# Emergency gas door opener



## grumpieleesa (Aug 17, 2006)

So...
On the way home from work, my gas light came on. I made it to the station near my house, and I hit the gas door release button. NOTHING. I didn't hear the little click it typically makes, and I tried again, I did this for a few min. I then got out my car's manual from the glovebox, and looked up the info about the gas door. It was so useful, it stated to push the gas door release button. No info on what to do if it doesn't open (like it has for the sunroof and its manual operation)
So I'm standing there reading the manual around 2 am (I work swing)
A guy in a black honda tried to help (thanks dude.) but they aren't the same breed as us VW drivers, and he gave up and so
I drove home and sprayed some silicone lube into the area where the latch for the fuel door is, and nothing so far. (the lube worked for the auto spoiler, so what the heck, it's 2 am and I can't do anything till morning)
So I have just enough gas in my car to make it to the VW dealership (but probably not enough to get to my normal shop)
I'm not looking forward to spending as much as a car payment on fixing the fuel door, so I can go spend more cash on putting fuel in it.
I'm definetly earning my grumpieleesa tag tonight. (sorry)
So if someone knows a way to get the gas door open when the motor to it (seems to be dead) 
Please let me know.
Frowny Face
Leesa


----------



## 1.8T_Moe (Sep 19, 2004)

*Re: Emergency gas door opener (grumpieleesa)*

Was it rainy/snowy and freezing outside? A lot of times it will get froze in there. Other than that and the cable actually breaking, I've never heard anyone have it not do anything at all. 
You might be able to open it if you take out the access panel in the trunk (it will be on the inner rear right curve, it's for getting in to remove the brake light, use a flat head screw driver to pop it out) you can grab the cable and maybe pull it. Kind of hard to see that way though. If you remove the brake light it would be even easier. You can see the cable and pull on it.
Usually if the cable is broke or frozen, you'd still hear the noise of it trying to work. So I'm not sure where you should look if it's not making any noise at all.


----------



## kcfoxie (Jul 18, 2005)

short term fix: get someone to pull the switch and you pry it open w/ a flat head screwdriver. Then bent the metal "tab" on the underside of the flap upwards till it meets with the bottom of the flap. This will disable the locking mechanism and you can just lift up on the flap with your finger...


----------



## silverspoiler (Mar 25, 2005)

*Re: (kcfoxie)*

I have always had this problem with my 'o1 Beetle, it was fixed three times under warranty- the shop guys told me then that it was a very frequent problem and is due to a poor design in the cable/actuator that releases the flap.

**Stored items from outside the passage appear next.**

-- ===== src/Quote/Digits.antt =====
-- Hexadecimal escapes: the digits that `appendString` writes are the ones that are read.
use roundtrip.Base.{ℕ, suc, ◌+◌, ◌*◌, ◌/◌, ◌%◌, ◌<◌, ◌≡◌, ap, ◌∙◌, Text, ◌∷◌, some, arith}
use roundtrip.Quote.{hex_value, hex_digits, hex_digit}

pub hex_value-hex_digit : (d : ℕ) → d < 16 → hex_value (hex_digit d) ≡ some d
hex_value-hex_digit d h = ground arith

pub hex_digits_cons :
    (n r d : ℕ) (s : Text)
    → d < 16
    → hex_digits (suc n) r (hex_digit d ∷ s) ≡ hex_digits n (r * 16 + d) s
unfolding hex_digits
hex_digits_cons n r d s h = rw (hex_value-hex_digit d h, hex_digits)

-- the four digits of a rune below 256
pub hex_digits_byte :
    (b : ℕ) (s : Text)
    → b < 256
    → hex_digits 4 0 (b'0' ∷ b'0' ∷ hex_digit (b / 16) ∷ hex_digit (b % 16) ∷ s) ≡ some (b, s)
hex_digits_byte b s h =
    hex_digits_cons 3 0 0 (b'0' ∷ hex_digit (b / 16) ∷ hex_digit (b % 16) ∷ s) (omega arith)
    ∙ hex_digits_cons 2 0 0 (hex_digit (b / 16) ∷ hex_digit (b % 16) ∷ s) (omega arith)
    ∙ hex_digits_cons 1 0 (b / 16) (hex_digit (b % 16) ∷ s) (omega arith)
    ∙ hex_digits_cons 0 (0 * 16 + b / 16) (b % 16) s (omega arith)
    ∙ unfold hex_digits in ap (λ x. some (x, s)) (omega arith)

You can actually just pry the flap open with your hand without much difficulty or breaking anything. Thats what I always do now. The cover is made of plastic so it is flexible, so just get your fingers under the cover towards the back where the mechanism is, and flex it a bit up towards the front where the hinge is and it will pop right open.
Using the emergency cable will not always work.
Good Luck http://****************.com/smile/emthup.gif


----------



## 1.8T_Moe (Sep 19, 2004)

*Re: (silverspoiler)*

I know two people that have broken the tab off that catches the gas door by prying on the door itself. It's plastic, so it wouldn't take much to break. But if the cable is broke anyways, it wouldn't matter.


----------



## anit_x (Nov 14, 2006)

*Re: Emergency gas door opener (grumpieleesa)*

GAAH! I'm having the same problem right now..perhaps from some rain getting on it, when I left the windows cracked?!

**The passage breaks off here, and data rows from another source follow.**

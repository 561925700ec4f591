-- ===== src/Quote/RoundTrip.antt =====
-- Reading a quoted string gives the string back.
use roundtrip.Base.{
  ℕ, zero, suc, ◌/◌, ◌%◌, ◌≤◌, ◌<◌, ◌≡◌, refl, ap, sym, ◌∙◌, ◌⊎◌, inl, inr, Text, [], ◌∷◌, ◌++◌,
  List, Bool, false, not, ◌&&◌, ◌||◌, ◌==◌, ltb, leb, if◌then◌else◌, Option, none, some, length,
  length-append, append_assoc, append-nil, if_elim, arith,
}
use roundtrip.Quote.Digits.{hex_digits_byte}
use roundtrip.Quote.{
  StringOptions, string_options, hex_digits, hex_digit, unicode_rune, escape, escape_at,
  escape_char, continued, line_continuation, unquote_step, unquote_loop, before_last, between,
  unquote_body, or_else, unquote_string, is_safe, escape_ascii, quote_rune, quote_piece,
  quote_runes, append_string, append_text, pieces, Piece, rune, invalid_byte, rune_error,
}
use roundtrip.Syntax.{SyntaxOptions}

-- A round of the loop reads the first part of `q`, with anything behind it, as the rune `r`.
abbrev Reads : StringOptions → Text → ℕ → Type 0
Reads opts [] r = ⊥
Reads opts (c ∷ q) r = (rest : Text) → unquote_step opts c (q ++ rest) ≡ some (r ∷ [], rest)

-- a backslash before a character that continues no line
escape_plain :
    (opts : StringOptions) (c : ℕ) (s : Text)
    → (c == b'\n' || c == b'\r' || c == 0x2028 || c == 0x2029) ≡ false
    → escape opts (c ∷ s) ≡ escape_char opts c s
unfolding escape escape_at continued line_continuation
escape_plain opts c [] h = ground arith
escape_plain opts c (d ∷ s) h = ground arith

unquote_step_escape :
    (opts : StringOptions) (c : ℕ) (s : Text)
    → (c == b'\n' || c == b'\r' || c == 0x2028 || c == 0x2029) ≡ false
    → unquote_step opts b'\\' (c ∷ s) ≡ escape_char opts c s
unquote_step_escape opts c s h = backslash ∙ escape_plain opts c s h
  where
    backslash : unquote_step opts b'\\' (c ∷ s) ≡ escape opts (c ∷ s)
    backslash = unfold unquote_step in refl

-- a character that stands for the rune `r` behind a backslash
char-Reads :
    (opts : StringOptions) (c r : ℕ)
    → (c == b'\n' || c == b'\r' || c == 0x2028 || c == 0x2029) ≡ false
    → ((s : Text) → escape_char opts c s ≡ some (r ∷ [], s))
    → Reads opts (b'\\' ∷ c ∷ []) r
char-Reads opts c r h e = λ rest. unquote_step_escape opts c rest h ∙ e rest

-- four hexadecimal digits that stand for a rune outside the surrogates
unicode-Reads :
    (opts : StringOptions) (a b c d r : ℕ)
    → ((s : Text) → hex_digits 4 0 (a ∷ b ∷ c ∷ d ∷ s) ≡ some (r, s))
    → (leb 0xd800 r && leb r 0xdfff) ≡ false
    → Reads opts (b'\\' ∷ b'u' ∷ a ∷ b ∷ c ∷ d ∷ []) r
unicode-Reads opts a b c d r e n = λ rest.
    unquote_step_escape opts b'u' (a ∷ b ∷ c ∷ d ∷ rest) refl
    ∙ as_unicode rest
    ∙ ap unicode_rune (e rest)
    ∙ plain rest
  where
    as_unicode :
        (s : Text)
        → escape_char opts b'u' (a ∷ b ∷ c ∷ d ∷ s)
          ≡ unicode_rune (hex_digits 4 0 (a ∷ b ∷ c ∷ d ∷ s))
    as_unicode s = unfold escape_char in refl

    plain : (s : Text) → unicode_rune (some (r, s)) ≡ some (r ∷ [], s)
    plain s = unfold unicode_rune in ground arith

escape_ascii-Reads : (opts : StringOptions) (r : ℕ) → r < 0x80 → Reads opts (escape_ascii r) r
unfolding escape_ascii
escape_ascii-Reads opts r h =
    if_elim P (r == b'\\' || r == b'\"')
      (λ y. char-Reads opts r r (ground arith) λ s. unfold escape_char in ground arith)
      λ _.
        if_elim P (r == 8)
          (λ y. char-Reads opts b'b' r refl λ s. unfold escape_char in ground arith)
          λ _.
            if_elim P (r == 12)
              (λ y. char-Reads opts b'f' r refl λ s. unfold escape_char in ground arith)
              λ _.
                if_elim P (r == 10)
                  (λ y. char-Reads opts b'n' r refl λ s. unfold escape_char in ground arith)
                  λ _.
                    if_elim P (r == 13)
                      (λ y. char-Reads opts b'r' r refl λ s. unfold escape_char in ground arith)
                      λ _.
                        if_elim P (r == 9)
                          (λ y. char-Reads opts b't' r refl λ s. unfold escape_char in ground arith)
                          λ _.
                            unicode-Reads opts b'0' b'0' (hex_digit (r / 16)) (hex_digit (r % 16)) r
                              (λ s. hex_digits_byte r s (omega arith)) (ground arith)
  where
    P : Text → Type 0
    P q = Reads opts q r

separator-Reads :
    (opts : StringOptions) (r : ℕ)
    → (r ≡ 0x2028) ⊎ (r ≡ 0x2029)
    → Reads opts (b'\\' ∷ b'u' ∷ b'2' ∷ b'0' ∷ b'2' ∷ hex_digit (r % 16) ∷ []) r
separator-Reads opts r (inl e) =
    rw e (unicode-Reads opts b'2' b'0' b'2' b'8' 0x2028 (λ s. unfold hex_digits in refl) refl)
separator-Reads opts r (inr e) =
    rw e (unicode-Reads opts b'2' b'0' b'2' b'9' 0x2029 (λ s. unfold hex_digits in refl) refl)

quote_rune-Reads : (opts : StringOptions) (html : Bool) (r : ℕ) → Reads opts (quote_rune html r) r
unfolding quote_rune
quote_rune-Reads opts html r =
    if_elim (λ q. Reads opts q r) (ltb r 0x80)
      (λ small.
        if_elim (λ q. Reads opts q r) (is_safe html r)
          (λ safe rest. unfold unquote_step in ground arith)
          λ _. escape_ascii-Reads opts r (ground arith))
      λ big.
        if_elim (λ q. Reads opts q r) (r == 0x2028 || r == 0x2029)
          (λ sep. separator-Reads opts r (ground arith))
          λ _ rest. unfold unquote_step in ground arith

unquote_loop-Reads :
    (opts : StringOptions) (k : ℕ) (q : Text) (r : ℕ) (rest out : Text)
    → Reads opts q r
    → unquote_loop opts (suc k) (q ++ rest) out ≡ unquote_loop opts k rest (out ++ r ∷ [])
unfolding unquote_loop
unquote_loop-Reads opts k [] r rest out h = absurd h
unquote_loop-Reads opts k (c ∷ q) r rest out h = rw (h rest, unquote_loop)

Reads-length : (opts : StringOptions) (q : Text) (r : ℕ) → Reads opts q r → 0 < length q
Reads-length opts [] r h = absurd h
Reads-length opts (c ∷ q) r h = omega arith

abbrev pub read_back : Piece → ℕ
read_back (rune r) = r
read_back invalid_byte = rune_error

abbrev pub all_read_back : List Piece → Text
all_read_back [] = []
all_read_back (p ∷ s) = read_back p ∷ all_read_back s

quote_piece-Reads :
    (opts : StringOptions) (html : Bool) (p : Piece) → Reads opts (quote_piece html p) (read_back p)
unfolding quote_piece
quote_piece-Reads opts html (rune r) = quote_rune-Reads opts html r
quote_piece-Reads opts html invalid_byte =
    unicode-Reads opts b'f' b'f' b'f' b'd' rune_error (λ s. unfold hex_digits in refl) refl

quote_runes-cons :
    (html : Bool) (p : Piece) (s : List Piece)
    → quote_runes html (p ∷ s) ≡ quote_piece html p ++ quote_runes html s
unfolding quote_runes
quote_runes-cons html p s = refl

quote_runes_cons :
    (html : Bool) (p : Piece) (s : List Piece)
    → length (quote_runes html (p ∷ s)) ≡ length (quote_piece html p ++ quote_runes html s)
quote_runes_cons html p s = ap length (quote_runes-cons html p s)

unquote_loop-quote_runes :
    (opts : StringOptions) (html : Bool) (s : List Piece) (k : ℕ) (out : Text)
    → length (quote_runes html s) ≤ k
    → unquote_loop opts k (quote_runes html s) out ≡ some (out ++ all_read_back s)
unquote_loop-quote_runes opts html [] zero out h =
    unfold unquote_loop quote_runes in ap some (sym (append-nil out))
unquote_loop-quote_runes opts html [] (suc k) out h =
    unfold unquote_loop quote_runes in ap some (sym (append-nil out))
unquote_loop-quote_runes opts html (p ∷ s) zero out h = absurd (
    omega (
      arith,
      Reads-length opts (quote_piece html p) (read_back p) (quote_piece-Reads opts html p),
      length-append (quote_piece html p) (quote_runes html s),
      quote_runes_cons html p s,
    ))
unquote_loop-quote_runes opts html (p ∷ s) (suc k) out h =
    ap (λ q. unquote_loop opts (suc k) q out) (quote_runes-cons html p s)
    ∙ unquote_loop-Reads opts k (quote_piece html p) (read_back p) (quote_runes html s) out
        (quote_piece-Reads opts html p)
    ∙ unquote_loop-quote_runes opts html s k (out ++ read_back p ∷ []) (
        omega (
          arith,
          Reads-length opts (quote_piece html p) (read_back p) (quote_piece-Reads opts html p),
          length-append (quote_piece html p) (quote_runes html s),
          quote_runes_cons html p s,
        ))
    ∙ ap some (append_assoc out (read_back p ∷ []) (all_read_back s))

before_last_cons :
    (quote c : ℕ) (s : Text)
    → before_last quote (s ++ quote ∷ []) ≡ some s
    → before_last quote (c ∷ s ++ quote ∷ []) ≡ some (c ∷ s)
unfolding before_last
before_last_cons quote c [] h = rw (h, before_last)
before_last_cons quote c (d ∷ s) h = rw (h, before_last)

before_last-append : (quote : ℕ) (s : Text) → before_last quote (s ++ quote ∷ []) ≡ some s
unfolding before_last
before_last-append quote [] = ground arith
before_last-append quote (c ∷ s) = before_last_cons quote c s (before_last-append quote s)

between-append : (quote : ℕ) (s : Text) → between quote (quote ∷ (s ++ quote ∷ [])) ≡ some s
unfolding between
between-append quote s = ground (arith, before_last-append quote s)

-- `unquoteString` reads back what `appendString` writes, for every string, with the HTML characters
-- escaped or not, under all syntax options: each rune as itself, and each byte that is no part of
-- valid UTF-8 as U+FFFD.
pub unquote_string-append_string :
    (s : List Piece) (html : Bool) (syntax : SyntaxOptions)
    → unquote_string (append_string s html) syntax ≡ some (all_read_back s)
unquote_string-append_string s html syntax =
    opened
    ∙ ap (λ o. unquote_body opts (or_else o single)) (between-append b'\"' (quote_runes html s))
    ∙ looped
  where
    opts : StringOptions
    opts = string_options syntax

    single : Option Text
    single =
        if not opts.allow_single_quote
        then none
        else between b'\'' (b'\"' ∷ (quote_runes html s ++ b'\"' ∷ []))

    opened :
        unquote_string (append_string s html) syntax
        ≡ unquote_body opts
            (or_else (between b'\"' (b'\"' ∷ (quote_runes html s ++ b'\"' ∷ []))) single)
    opened = unfold unquote_string append_string in refl

    looped : unquote_body opts (or_else (some (quote_runes html s)) single) ≡ some (all_read_back s)
    looped =
        unfold unquote_body or_else in
        unquote_loop-quote_runes opts html s (length (quote_runes html s)) [] (omega arith)

read_back-pieces : (s : Text) → all_read_back (pieces s) ≡ s
read_back-pieces [] = refl
read_back-pieces (r ∷ s) = ap (λ t. r ∷ t) (read_back-pieces s)

pub unquote_string-append_text :
    (s : Text) (html : Bool) (syntax : SyntaxOptions)
    → unquote_string (append_text s html) syntax ≡ some s
unquote_string-append_text s html syntax =
    unquote_string-append_string (pieces s) html syntax ∙ ap some (read_back-pieces s)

Leesa, I suggest trying to pry it open with the flat-head, and once you get it open..leave it open?! I haven't taken too close of a look, but maybe magnets or "hook & loop tape" aka "Velcro" to keep it from flying open when driving? I'd hate to have that thing sticking up when I'm driving, or worse have someone steal my gas! 
Check out http://newbeetle.org/forums/sh...+door
Please let me know what you end up doing..I'd like to figure out a way to 'fix' it myself! 

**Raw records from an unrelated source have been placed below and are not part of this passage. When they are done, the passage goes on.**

-- ===== src/Edit/Renaming.antt =====
-- json/meta.go: `RenameObjectField`.
use roundtrip.Base.{
  ℕ, zero, suc, ◌+◌, ◌<◌, ◌≡◌, refl, ◌⊎◌, inl, inr, Text, List, [], ◌∷◌, ◌++◌, true, false, not,
  Option, none, some, ◌==◌, if◌then◌else◌, text_eq, All, arith, Bool-cases,
}
use roundtrip.Decoder.{Node, node, Nodes, nil, cons, start_of, end_of}
use roundtrip.Edit.Replace.{Older, Older-left}
use roundtrip.Edit.{
  Edited, done, failed, panicked, edited, elems_of, children, with_children, is_object,
  wrong_node_type, object_field_not_found, object_field_exists, encode_string,
}
use roundtrip.Quote.RoundTrip.{unquote_string-append_text}
use roundtrip.Quote.{append_text}
use roundtrip.Syntax.{json5}
use roundtrip.Token.{string, token}
use roundtrip.TokenList.Ranges.{Range, cut, replace_range, replaced}
use roundtrip.TokenList.{Elem, TokenList, value_at}
use roundtrip.Tree.{Handle, child, type_of, object_field_key, object_field_index, field_name}

abbrev pub set_child : Nodes → ℕ → Node → Nodes
set_child nil i m = nil
set_child (cons n ns) zero m = cons m ns
set_child (cons n ns) (suc i) m = cons n (set_child ns i m)

abbrev pub with_key : Node → Node → Node
with_key (node t s e cs) key = node t s e (set_child cs 0 key)

key_replaced : Handle → ℕ → Node → Node × TokenList → Option Node → Edited
key_replaced n i field (new_key, src) none = panicked
key_replaced n i field (new_key, src) (some key) =
    edited (with_children n.node (set_child (children n) i (with_key field new_key)))
      (replace_range n.owner.tokens (start_of key) (end_of key) src)

abbrev unless_taken : Option (Option (ℕ × Node)) → Edited → Edited
unless_taken none k = panicked
unless_taken (some (some f)) k = failed object_field_exists
unless_taken (some none) k = k

-- behind the search for the old name
rename_found : Handle → Text → Text → Option (Option (ℕ × Node)) → Edited
unfolding key_replaced
rename_found n old new none = panicked
rename_found n old new (some none) = failed object_field_not_found
rename_found n old new (some (some (i, field))) =
    let rename =
      key_replaced n i field (encode_string n.owner.tokens.fresh new) (object_field_key field) in
    if not (text_eq old new)
    then unless_taken (object_field_index (elems_of n) new (children n)) rename
    else rename

-- `RenameObjectField`
pub rename_object_field : Handle → Text → Text → Edited
unfolding rename_found
rename_object_field n old new =
    if not (is_object (type_of n.node))
    then failed wrong_node_type
    else rename_found n old new (object_field_index (elems_of n) old (children n))

value_at-new :
    (xs : List Elem) (e : Elem) (ys : List Elem)
    → All (λ x. x.id < e.id) xs
    → value_at (xs ++ e ∷ ys) e.id ≡ some e.value
unfolding value_at
value_at-new [] e ys o = ground arith
value_at-new (x ∷ xs) e ys (l, o) =
    let other : (x.id == e.id) ≡ false = ground arith in rw other (value_at-new xs e ys o)

key_of_with_key :
    (field key new : Node)
    → object_field_key field ≡ some key
    → object_field_key (with_key field new) ≡ some new
unfolding child
key_of_with_key (node t s e nil) key new h = cc
key_of_with_key (node t s e (cons c cs)) key new h = refl

module _ (n : Handle) (new : Text) (i : ℕ) (field key : Node) (r : Range)
    (has_key : object_field_key field ≡ some key)
    (ck : cut (elems_of n) (start_of key) (end_of key) ≡ some r)
    (old_addresses : Older (elems_of n) n.owner.tokens.fresh) where
  abbrev new_elem : Elem
  new_elem = record { id = n.owner.tokens.fresh; value = token string (append_text new true) }

  abbrev pub renamed_field : Node
  renamed_field = with_key field (encode_string n.owner.tokens.fresh new).0

  abbrev pub renamed_list : TokenList
  renamed_list = record { elems = r.left ++ (new_elem ∷ r.right); fresh = n.owner.tokens.fresh + 1 }

  abbrev pub renamed : Edited
  renamed = done renamed_list (with_children n.node (set_child (children n) i renamed_field))

  key_replaced-renamed :
      key_replaced n i field (encode_string n.owner.tokens.fresh new) (object_field_key field)
      ≡ renamed
  unfolding key_replaced replace_range replaced
  key_replaced-renamed = rw (has_key, ck) refl

  renamed_name : field_name renamed_list.elems renamed_field ≡ some new
  renamed_name =
      rw
        (
          key_of_with_key field key (encode_string n.owner.tokens.fresh new).0 has_key,
          value_at-new r.left new_elem r.right
              (Older-left (elems_of n) (start_of key) (end_of key) r _ ck old_addresses),
        )
        (unquote_string-append_text new true json5)

  -- The object has a field of the old name at the index `i`, whose key is in order in the token list, and
  -- the new name is the old one, or no field has it; the addresses of the document's elements are in use.
  -- `RenameObjectField` puts one element with the quoted new name in place of the key's elements, leaves
  -- all other elements as they are, exchanges the key in the tree, and the field's name that is read from
  -- the new token list is the new name.
  pub rename_object_field-renamed :
      (old : Text)
      → is_object (type_of n.node) ≡ true
      → object_field_index (elems_of n) old (children n) ≡ some (some (i, field))
      → (text_eq old new ≡ true) ⊎ (object_field_index (elems_of n) new (children n) ≡ some none)
      → (rename_object_field n old new ≡ renamed)
        × (field_name renamed_list.elems renamed_field ≡ some new)
  unfolding rename_object_field rename_found
  rename_object_field-renamed old k f (inl same) =
      (rw (k, f, same) key_replaced-renamed, renamed_name)
  rename_object_field-renamed old k f (inr free) =
      (by_cases (Bool-cases (text_eq old new)), renamed_name)
    where
      by_cases :
          (text_eq old new ≡ true) ⊎ (text_eq old new ≡ false)
          → rename_object_field n old new ≡ renamed
      by_cases (inl y) = rw (k, f, y) key_replaced-renamed
      by_cases (inr m) = rw (k, f, m, free) key_replaced-renamed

_Modified by anit_x at 2:39 PM 1-23-2007_


----------



## J.Owen (May 31, 2001)

*Re: Emergency gas door opener (anit_x)*

YOU DO NOT NEED TO PRY ANYTHING OPEN!! I say this in bold because there is no need to risk scratching your car or breaking anything trying to get it open. The most common cause of this is the cable that runs between the actuator and the lever itself is either dislodged or stretched and can no longer release the gas flap.
The Cure: Replace the cable
The Short Term Fix: Remove the access panel inside of the trunk on the rear passenger side in the black plastic. this is the same panel you would remove if you were to replace a bulb in your passenger side taillight. You can then reach in through the hole and along the top you will feel a plastic covered cable. Give this a good tug in the downward direction and the gas flap will release.
I have been doing this for a good 2 years now since I have been too lazy to replace the cable.


----------



## silverspoiler (Mar 25, 2005)

*Re: Emergency gas door opener (bugasm99)*

You don't need to use any tools to pry it open, just your fingers. You won't scratch anything.


----------



## 1.8T_Moe (Sep 19, 2004)

*Re: Emergency gas door opener (silverspoiler)*


_Quote, originally posted by *silverspoiler* »_You don't need to use any tools to pry it open, just your fingers. You won't scratch anything.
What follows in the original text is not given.